# Home theatre Frankenstein! Thoughts?



## elbradamontes (Jun 7, 2012)

Alright so here it is. I have a pair of m audio cx 5s and a pair of cx8s (powered studio monitors). An 18 inch sealed sub, eq, crossover, 1200w (bridged) Crown amp, one 250w/channel poweramp, an old carver poweramp (specs guestimated), a pair of EV 15" p.a. speakers (two-way 1" horned tweeter), 12" harbinger floor monitors, 12" powered pa speakers and a focusrite saffire interface with 8 outputs. 

I believe I can set up the outputs on the saffire interface via system preferences on my Mac to create the 5.1 or 7.1 setup. If not, the output doubles as a digital out which would get the sound into my interface via optical input. 

The sound from the cx5s is pretty good. The 8s are fantastic. The 15" EVs are nice but they are pa speakers so not the same standard...not the same range or clarity. The floor monitors and the powered 12 pa speakers sound like poo. The da converters on the saffire are quite crisp at all frequencies. Lower-mids especially clear compared to mac analog outs. Hi's are smooth. The monitors put out plenty of volume. The 8's push down to 50hz, the 5's down to 80. The pa's are way too much for the space so they'd be at about 20% if used. 

I'm thinking I could run the two cx8s paired as the center speaker, run the 15's as front surround and the cx5s as the rear. The crossover has multiple outputs so I could use the 18 for the kick paired with the powered 12's to fill out the upper end of the lows.
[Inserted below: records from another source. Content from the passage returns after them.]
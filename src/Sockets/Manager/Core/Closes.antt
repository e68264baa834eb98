-- ===== src/Sockets/Manager/Core/Closes.antt =====
-- src/lib/sockimpl.h, Socket::close_socket, with SocketManager::remove_socket: what closing a socket
-- does to the bookkeeping of the manager.
use etwork.Common.{
  ℕ, ◌<◌, true, false, not, ◌&&◌, none, some, ◌≡◌, refl, sym, ◌∙◌, ap, subst, inl, inr, arith, ltb,
  ◌==◌, if◌then◌else◌, Bool-cases, ==_iff, ap₃,
}
use mathlib.Core.Path.{fun_ext}
use etwork.Common.Map.{find, erase}
use etwork.Sockets.Manager.{
  Platform, Peer, SocketManager, invalid_socket, call, closesocket, update, store, mem,
  erase_waiting, remove_waiting, remove_found, remove_socket, regenerate_sets, shut, close_handle,
  close_socket,
}
use etwork.Sockets.Manager.View.{View, IsConsistent, view}
use etwork.Sockets.Manager.View.Closing.{
  closed_found, closed_found-IsConsistent, closed_waiting, closed_waiting-IsConsistent,
}
use etwork.Sockets.Manager.Core.{Core, core, view_of, core_if, with_fields, stored}

core-regenerate : (w : Platform) (m : SocketManager) → core (regenerate_sets w m) ≡ core m
unfolding regenerate_sets
core-regenerate w m = refl

-- The core that remove_socket leaves, by where it found the socket.
abbrev taken_out : ℕ → Core → Core
taken_out p c = record c {
  sockets = erase ltb (c.heap p).handle c.sockets;
  addrs = erase ltb (c.heap p).addr c.addrs;
}

abbrev taken_back : ℕ → Core → Core
taken_back p c = record c {
  waiting = erase_waiting p c.waiting;
  addrs = erase ltb (c.heap p).addr c.addrs;
}

core-remove_found :
    (w : Platform) (p q : ℕ) (m : SocketManager)
    → find ltb (m.heap p).handle m.sockets ≡ some q
    → core (remove_socket w p m) ≡ taken_out p (core m)
unfolding remove_socket remove_found
core-remove_found w p q m e = rw e (elim (Bool-cases m.settings.reliable) [
  | inl r ↦ rw r (core-regenerate w _)
  | inr r ↦ rw r refl
])

core-remove_waiting :
    (w : Platform) (p : ℕ) (m : SocketManager)
    → find ltb (m.heap p).handle m.sockets ≡ none
    → mem p m.waiting ≡ true
    → core (remove_socket w p m) ≡ taken_back p (core m)
unfolding remove_socket remove_found remove_waiting
core-remove_waiting w p m e waits = rw (e, waits) refl

abbrev without_handle : Peer → Peer
without_handle peer = record peer { handle = invalid_socket }

core-close_handle :
    (p : ℕ) (m : SocketManager)
    → core (close_handle p m) ≡ stored p (without_handle (m.heap p)) (core m)
unfolding close_handle store call
core-close_handle p m = ap (stored p (without_handle (m.heap p))) (
    core_if (not ((m.heap p).handle == invalid_socket) && m.settings.reliable)
      (call (closesocket (m.heap p).handle) m) m refl)

-- Closing on the core, with `remove` for what the maps lose.
abbrev closes : (ℕ → Core → Core) → ℕ → Core → Core
closes remove p c =
    let removed = remove p (stored p (shut (c.heap p)) c) in
    stored p (without_handle (removed.heap p)) removed

module _ (heap : ℕ → Peer) (p : ℕ) where
  abbrev twice : ℕ → Peer
  twice =
      update (update heap p (shut (heap p))) p (without_handle (update heap p (shut (heap p)) p))

  fields-twice {ℓ} :
      {A : Type ℓ} (f : Peer → A)
      → ◌≡◌ {A = ℕ → A}
          (λ q. f (twice q))
          (λ q. if q == p then f (without_handle (shut (heap p))) else f (heap q))
  fields-twice f =
      let here : (p == p) ≡ true = ground arith in
      fun_ext λ q. elim (Bool-cases (q == p)) [ inl e ↦ rw (e, here) refl | inr e ↦ rw e refl ]

  addr-twice : ◌≡◌ {A = ℕ → ℕ} (λ q. (twice q).addr) (λ q. (heap q).addr)
  addr-twice =
      fields-twice (λ x. x.addr)
      ∙ fun_ext λ q. elim (Bool-cases (q == p)) [
        | inl e ↦ rw e (ap (λ x. (heap x).addr) (sym ((==_iff q p).0 e)))
        | inr e ↦ rw e refl
      ]

update_here : (heap : ℕ → Peer) (p : ℕ) (peer : Peer) → update heap p peer p ≡ peer
update_here heap p peer = let here : (p == p) ≡ true = ground arith in rw here refl

view-closes_found : (p : ℕ) (c : Core) → view_of (closes taken_out p c) ≡ closed_found p (view_of c)
view-closes_found p c =
    ap₃ (with_fields (view_of (taken_out p (stored p (shut (c.heap p)) c))))
      (fields-twice c.heap p (λ x. x.handle)) (addr-twice c.heap p)
      (fields-twice c.heap p (λ x. x.socket.closed))
    ∙ ap
        (λ x. (record (closed_found p (view_of c)) {
          sockets = erase ltb x.handle c.sockets;
          addrs = erase ltb x.addr c.addrs;
        }))
        (update_here c.heap p (shut (c.heap p)))

view-closes_waiting :
    (p : ℕ) (c : Core) → view_of (closes taken_back p c) ≡ closed_waiting p (view_of c)
view-closes_waiting p c =
    ap₃ (with_fields (view_of (taken_back p (stored p (shut (c.heap p)) c))))
      (fields-twice c.heap p (λ x. x.handle)) (addr-twice c.heap p)
      (fields-twice c.heap p (λ x. x.socket.closed))
    ∙ ap (λ x. (record (closed_waiting p (view_of c)) { addrs = erase ltb x.addr c.addrs }))
        (update_here c.heap p (shut (c.heap p)))

module _ (w : Platform) (p : ℕ) (m : SocketManager) where
  abbrev shutting : SocketManager
  shutting = store p (shut (m.heap p)) m

  core-closes :
      (remove : ℕ → Core → Core)
      → (m.heap p).socket.closed ≡ false
      → core (remove_socket w p shutting) ≡ remove p (core shutting)
      → core (close_socket w p m) ≡ closes remove p (core m)
  unfolding close_socket store
  core-closes remove o e = rw o (
      core-close_handle p (remove_socket w p (store p (shut (m.heap p)) m))
      ∙ ap (λ c. stored p (without_handle (c.heap p)) c) e)

  handle_of_shut : ((shutting).heap p).handle ≡ (m.heap p).handle
  unfolding store
  handle_of_shut = ap (λ x. x.handle) (update_here m.heap p (shut (m.heap p)))

  close_socket_closed : (m.heap p).socket.closed ≡ true → close_socket w p m ≡ m
  unfolding close_socket
  close_socket_closed e = rw e refl

  -- Consistent, with as many sockets made as before.
  abbrev Stays : View → Type 0
  Stays v = IsConsistent v × (v.allocated ≡ m.allocated)

  close_socket-Stays : p < m.allocated → IsConsistent (view m) → Stays (view (close_socket w p m))
  unfolding store
  close_socket-Stays lt c = elim (Bool-cases (m.heap p).socket.closed) [
    | inl already ↦ subst (λ x. Stays (view x)) (sym (close_socket_closed already)) (c, refl)
    | inr o ↦ elim (c.held p lt o) [
      | inl found ↦
          subst Stays
            (sym (
              ap view_of (
                core-closes taken_out o (
                  core-remove_found w p p shutting
                    (ap (λ x. find ltb x m.sockets) handle_of_shut ∙ found)))
              ∙ view-closes_found p (core m)))
            (closed_found-IsConsistent (view m) p c lt found, refl)
      | inr waits ↦
          subst Stays
            (sym (
              ap view_of (
                core-closes taken_back o (
                  core-remove_waiting w p shutting
                    (ap (λ x. find ltb x m.sockets) handle_of_shut ∙ (c.queued p waits).2) waits))
              ∙ view-closes_waiting p (core m)))
            (closed_waiting-IsConsistent (view m) p c waits, refl)
    ]
  ]

  pub close_socket-IsConsistent :
      p < m.allocated → IsConsistent (view m) → IsConsistent (view (close_socket w p m))
  close_socket-IsConsistent lt c = (close_socket-Stays lt c).0

  pub allocated-close_socket :
      p < m.allocated → IsConsistent (view m) → (close_socket w p m).allocated ≡ m.allocated
  allocated-close_socket lt c = (close_socket-Stays lt c).1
I could also patch my 4-10 ampeg bass cab in there hehe.

I could also run a single 15 as the center and keep the monitors as surround. Thing is, the center speaker gets most of the action. So I think that needs to be run by the highest fidelity rig. 

Anyone care to weigh in on the setup? I also have a projector that I'll be using for this project. It's probably going to be a one-off run just for kicks. This system sees daily use so I'd have to put it all back when I'm done. Well, not the pa stuff but the recording gear.


----------



## tonyvdb (Sep 5, 2007)

Hi and welcome to the Shack!

The C8s and C5s you should keep for your front soundstage but I would only use one C5 for the centre, using two can cause more problems than solve. As for the EVs yes they are designed for filling a large space with sound and not really designed for theater or home use if you have a duel channel eq available you would probably be able to tame the sound of them so they would sound better.


----------



## Cyberfloatie (Jun 1, 2011)

tonyvdb said:


> The C8s and C5s you should keep for your front soundstage but I would only use one C5 for the centre, using two can cause more problems than solve.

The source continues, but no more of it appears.